◆ DATA SECTION
/---
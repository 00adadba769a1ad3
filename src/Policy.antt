-- ===== src/Policy.antt =====
-- app/services/deployment_policy.py: the pure gates of a deployment.
pub mod Artifact
pub mod Health
pub mod Migration
pub mod Services
pub mod Resource
pub mod Transition
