-- ===== src/Policy/Health.antt =====
-- The health schema of app/services/deployment_policy.py. A dict of checks is an association list.
use maoxx_os.Prelude.{
  String, ◌≡◌, refl, Bool, true, false, ◌&&◌, Option, none, some, List, [], ◌∷◌, ◌++◌, arith,
  all_of, elem, ◌==◌, string_eq, ==→≡, Bool-cases, inl, inr, if◌then◌else◌,
}

abbrev pub HealthChecks : Type 0
HealthChecks = List (String × Bool)

abbrev base_checks : List String
base_checks =
    "artifact_digest" ∷ "revision_sha" ∷ "migration" ∷ "smoke" ∷ "critical_regression"
    ∷ "verification_within_timeout" ∷ []

abbrev api_checks : List String
api_checks = "api.alive" ∷ "api.ready" ∷ "api.live" ∷ "api.http" ∷ "api.dependency.db" ∷ []

abbrev worker_checks : List String
worker_checks =
    "feishu-worker.alive" ∷ "feishu-worker.ready" ∷ "feishu-worker.live" ∷ "feishu-worker.connected"
    ∷ []

unfoldable pub required_health_checks : List String → List String
required_health_checks services =
    base_checks
    ++ (if elem "api" services then api_checks else [])
    ++ (if elem "feishu-worker" services then worker_checks else [])

unfoldable pub keys : HealthChecks → List String
keys [] = []
keys ((k, _) ∷ d) = k ∷ keys d

unfoldable pub values : HealthChecks → List Bool
values [] = []
values ((_, v) ∷ d) = v ∷ values d

-- `set(xs) <= set(ys)`
unfoldable pub subset : List String → List String → Bool
subset xs ys = all_of (λ x. elem x ys) xs

-- `set(health_checks) == required and all(health_checks.values())`
unfoldable pub health_checks_are_complete : List String → HealthChecks → Bool
health_checks_are_complete services health_checks =
    let required = required_health_checks services in
    (subset (keys health_checks) required && subset required (keys health_checks))
    && all_of (λ v. v) (values health_checks)

-- `health_checks.get(k)`
unfoldable pub get : String → HealthChecks → Option Bool
get k [] = none
get k ((j, v) ∷ d) = if k == j then some v else get k d

get-in :
    (k : String) (d : HealthChecks)
    → elem k (keys d) ≡ true
    → all_of (λ v. v) (values d) ≡ true
    → get k d ≡ some true
unfolding elem keys values all_of get
get-in k [] h a = cc
get-in k ((j, v) ∷ d) h a = ground (arith, get-in k d)

get-out : (k : String) (d : HealthChecks) → elem k (keys d) ≡ false → get k d ≡ none
unfolding elem keys get
get-out k [] h = refl
get-out k ((j, v) ∷ d) h = ground (arith, get-out k d)

pub elem-subset :
    (x : String) (xs ys : List String) → subset xs ys ≡ true → elem x xs ≡ true → elem x ys ≡ true
unfolding subset all_of elem
elem-subset x [] ys s e = cc
elem-subset x (y ∷ xs) ys s e = elim (Bool-cases (x == y)) [
  | inl here ↦ rw (==→≡ x y here) (ground arith)
  | inr later ↦ elem-subset x xs ys (ground arith) (rw later at e)
]

same_elems :
    (x : String) (xs ys : List String)
    → subset xs ys ≡ true
    → subset ys xs ≡ true
    → elem x xs ≡ elem x ys
same_elems x xs ys s t = ground (arith, elem-subset x xs ys s, elem-subset x ys xs t)

complete_parts :
    (services : List String) (d : HealthChecks)
    → health_checks_are_complete services d ≡ true
    → (subset (keys d) (required_health_checks services) ≡ true)
      × (subset (required_health_checks services) (keys d) ≡ true)
      × (all_of (λ v. v) (values d) ≡ true)
unfolding health_checks_are_complete
complete_parts services d h = ground arith

-- A complete report answers exactly the checks that its services require, and each with true: a
-- check that is missing, failed or not in the schema makes the report incomplete.
pub health_checks_are_complete_lem :
    (services : List String) (d : HealthChecks)
    → health_checks_are_complete services d ≡ true
    → (k : String)
    → get k d ≡ (if elem k (required_health_checks services) then some true else none)
health_checks_are_complete_lem services d h k =
    let (s, t, a) = complete_parts services d h in
    let same = same_elems k (keys d) (required_health_checks services) s t in
    elim (Bool-cases (elem k (keys d))) [
      | inl inside ↦ rw (← same, inside) (get-in k d inside a)
      | inr outside ↦ rw (← same, outside) (get-out k d outside)
    ]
\---
◆ EXERCISE OBJECTIVE
Scan the entries above for the line containing "pub mod Resource", and copy it and all lines after it exactly, down to and including the line containing "abbrev api_checks : List String".

◆ TASK RESULT
pub mod Resource
pub mod Transition
-- ===== src/Policy/Health.antt =====
-- The health schema of app/services/deployment_policy.py. A dict of checks is an association list.
use maoxx_os.Prelude.{
  String, ◌≡◌, refl, Bool, true, false, ◌&&◌, Option, none, some, List, [], ◌∷◌, ◌++◌, arith,
  all_of, elem, ◌==◌, string_eq, ==→≡, Bool-cases, inl, inr, if◌then◌else◌,
}

abbrev pub HealthChecks : Type 0
HealthChecks = List (String × Bool)

abbrev base_checks : List String
base_checks =
    "artifact_digest" ∷ "revision_sha" ∷ "migration" ∷ "smoke" ∷ "critical_regression"
    ∷ "verification_within_timeout" ∷ []

abbrev api_checks : List String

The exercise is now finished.